I remembered a friend telling me the story of delivering her first child. She was working her hardest to birth her baby. Her nurses and family chanted like cheerleaders, “Push, push, push, go, go, go!” “You can do it!” “Just a little bit more!” It seemed appropriate for a birth, but for a death? That was us, Bea’s choir of cheerleaders pushing her to keep drinking. Just a little bit more. You’re so close. You can do it. We literally cheered her to death. After three gulps, on the verge of throwing up, she belched. I grabbed an awful blue medical vomit bag and held it up for her. She cupped her hands around mine. She turned to her side and closed her eyes.
The hospice nurse came back into the room. She had left because her company’s policy barred her from being with my grandmother as she took the medication. She, my mom and I propped Bea on her right side with pillows, as stated in the instructions to aid in stopping the blood flow to her heart. We arranged her blankets and took seats in a semicircle around her. The nurse took her vitals and said her body was now in the active dying process. For several hours we sat together, watched and timed her breaths.

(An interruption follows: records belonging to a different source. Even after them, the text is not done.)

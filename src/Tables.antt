-- ===== src/Tables.antt =====
-- The tables that the services make as they start: `ensure_tables` of portfolio_engine/db.py, of
-- forecasting/db.py and of feature_engineering/db.py, and `ensure_backfill_status_table`.
pub mod Columns
pub mod Written
pub mod Again
pub mod Begin
pub mod Fit
pub mod Succeeds
mod Tests
use portfolio_engine.Prelude.{String, Bool, true, false, List, [], ◌∷◌, ◌++◌, map}
use portfolio_engine.Dict.{Dict}
use portfolio_engine.Database.Schema.{
  Column, Index, Catalog, Statement, create_table, add_column, ensure_hypertable, create_index,
  execute_all,
}
use portfolio_engine.FeatureEngineering.Indicators.{feature_cols}

abbrev column : String → String → Column
column name sql_type = record { name = name; sql_type = sql_type; is_required = false }

abbrev required : String → String → Column
required name sql_type = record { name = name; sql_type = sql_type; is_required = true }

abbrev double : String → Column
double name = column name "DOUBLE PRECISION"

abbrev time_column : Column
time_column = required "time" "TIMESTAMPTZ"

abbrev symbol_column : Column
symbol_column = required "symbol" "TEXT"

-- The columns of the primary key or of the index `(symbol, time DESC)`.
abbrev symbol_time : List String
symbol_time = "symbol" ∷ "time" ∷ []

abbrev index_on : String → List String → Bool → Index
index_on table columns is_unique = record {
  table = table;
  columns = columns;
  is_unique = is_unique;
}

-- `portfolio_state` before it had the columns of the profit and loss.
abbrev pub first_state_columns : List String
first_state_columns =
    "time" ∷ "weights" ∷ "portfolio_vol" ∷ "sharpe_proxy" ∷ "equity" ∷ "transaction_cost"
    ∷ "turnover" ∷ []

abbrev state_table : List Column
state_table =
    time_column
    ∷ required "weights" "JSONB"
    ∷ map double (
        "portfolio_vol" ∷ "sharpe_proxy" ∷ "equity" ∷ "transaction_cost" ∷ "turnover" ∷ "period_pnl"
        ∷ "cumulative_pnl" ∷ [])

unfoldable pub portfolio_statements : List Statement
portfolio_statements =
    create_table "portfolio_state" state_table ("time" ∷ [])
    ∷ add_column "portfolio_state" (double "period_pnl")
    ∷ add_column "portfolio_state" (double "cumulative_pnl")
    ∷ ensure_hypertable "portfolio_state" "time"
    ∷ create_index "idx_portfolio_state_time_desc" (index_on "portfolio_state" ("time" ∷ []) false)
    ∷ []

abbrev forecast_table : List Column
forecast_table =
    time_column ∷ symbol_column ∷ map double ("garch_vol" ∷ "xgb_vol" ∷ "realized_vol" ∷ [])

abbrev metrics_table : List Column
metrics_table =
    time_column
      ∷ symbol_column
      ∷ map double ("garch_mse" ∷ "garch_qlike" ∷ "xgb_mse" ∷ "xgb_qlike" ∷ [])
    ++ (required "garch_samples" "INTEGER DEFAULT 0"
        ∷ required "xgb_samples" "INTEGER DEFAULT 0"
        ∷ required "window_points" "INTEGER"
        ∷ [])

unfoldable pub forecast_statements : List Statement
forecast_statements =
    create_table "forecasts" forecast_table symbol_time
    ∷ ensure_hypertable "forecasts" "time"
    ∷ create_index "idx_forecasts_symbol_time" (index_on "forecasts" symbol_time false)
    ∷ create_table "model_metrics" metrics_table symbol_time
    ∷ ensure_hypertable "model_metrics" "time"
    ∷ create_index "idx_model_metrics_symbol_time" (index_on "model_metrics" symbol_time false)
    ∷ []

unfoldable pub backfill_statements : List Statement
backfill_statements =
    create_table "backfill_status"
      (required "symbol" "TEXT"
        ∷ required "status" "TEXT"
        ∷ required "completed_at" "TIMESTAMPTZ"
        ∷ [])
      ("symbol" ∷ [])
    ∷ []

abbrev price_table : List Column
price_table =
    time_column ∷ symbol_column ∷ map double ("open" ∷ "high" ∷ "low" ∷ "close" ∷ "volume" ∷ [])

abbrev feature_table : List Column
feature_table =
    time_column
    ∷ symbol_column
    ∷ map double (
        "log_return" ∷ "squared_return" ∷ "volume_roc" ∷ "hl_range" ∷ "ret_mean_5" ∷ "ret_std_5"
        ∷ "realized_vol_5" ∷ "parkinson_vol_5" ∷ "ret_skew_5" ∷ "ret_kurt_5" ∷ "volume_mean_5"
        ∷ "ret_mean_15" ∷ "ret_std_15" ∷ "realized_vol_15" ∷ "parkinson_vol_15" ∷ "ret_skew_15"
        ∷ "ret_kurt_15" ∷ "volume_mean_15" ∷ "ret_mean_30" ∷ "ret_std_30" ∷ "realized_vol_30"
        ∷ "parkinson_vol_30" ∷ "ret_skew_30" ∷ "ret_kurt_30" ∷ "volume_mean_30" ∷ "ret_mean_60"
        ∷ "ret_std_60" ∷ "realized_vol_60" ∷ "parkinson_vol_60" ∷ "ret_skew_60" ∷ "ret_kurt_60"
        ∷ "volume_mean_60" ∷ [])

unfoldable pub feature_statements : List Statement
feature_statements =
    create_table "prices" price_table []
    ∷ ensure_hypertable "prices" "time"
    ∷ create_index "idx_prices_symbol_time" (index_on "prices" symbol_time true)
    ∷ create_table "features" feature_table []
    ∷ ensure_hypertable "features" "time"
    ∷ create_index "idx_features_symbol_time" (index_on "features" symbol_time true)
    ∷ []

pub data Program : Type 0 where
  portfolio_engine_program : Program
  forecasting_program : Program
  feature_engineering_program : Program

-- What `main` of a program runs on the catalogue: whether it succeeds, and what it leaves.
unfoldable pub statements_of : Program → List Statement
unfolding portfolio_statements forecast_statements backfill_statements feature_statements
statements_of portfolio_engine_program = portfolio_statements
statements_of forecasting_program = forecast_statements ++ backfill_statements
statements_of feature_engineering_program = feature_statements

unfoldable pub ensure_tables : Program → Catalog → Bool × Catalog
ensure_tables p = execute_all (statements_of p)

-- The columns that the statements of a program write in each table.
abbrev pub written : Program → Dict (List String)
written portfolio_engine_program =
    ("portfolio_state", first_state_columns ++ ("period_pnl" ∷ "cumulative_pnl" ∷ [])) ∷ []
written forecasting_program =
    ("forecasts", "time" ∷ "symbol" ∷ "garch_vol" ∷ "xgb_vol" ∷ "realized_vol" ∷ [])
    ∷ (
      "model_metrics",
      "time" ∷ "symbol" ∷ "garch_mse" ∷ "garch_qlike" ∷ "xgb_mse" ∷ "xgb_qlike" ∷ "garch_samples"
          ∷ "xgb_samples" ∷ "window_points" ∷ [],
    )
    ∷ ("backfill_status", "symbol" ∷ "status" ∷ "completed_at" ∷ [])
    ∷ []
written feature_engineering_program =
    ("prices", "time" ∷ "symbol" ∷ "open" ∷ "high" ∷ "low" ∷ "close" ∷ "volume" ∷ [])
    ∷ ("features", "time" ∷ "symbol" ∷ feature_cols)
    ∷ []

-- The columns that a table has, if it was made by an earlier version of the program.
abbrev pub earlier : Program → Dict (List String)
earlier portfolio_engine_program = ("portfolio_state", first_state_columns) ∷ []
earlier forecasting_program = written forecasting_program
earlier feature_engineering_program = written feature_engineering_program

My grandmother died peacefully in her sleep the night of September 12, 2018. She was two weeks shy of her 93rd birthday.
How lucky that we got to be with her in her last moments. How painful that we watched it happen. How ironic to be holding your own breath until you’re sure your beloved grandma has taken her last. It’s a burden I’m privileged to carry. I got to hug and kiss my grandma and make sure she knew how special she was to me. I got to help honor her wishes. It’s a memory that’s just as important to me as all the happy ones. I hold onto it just as tightly.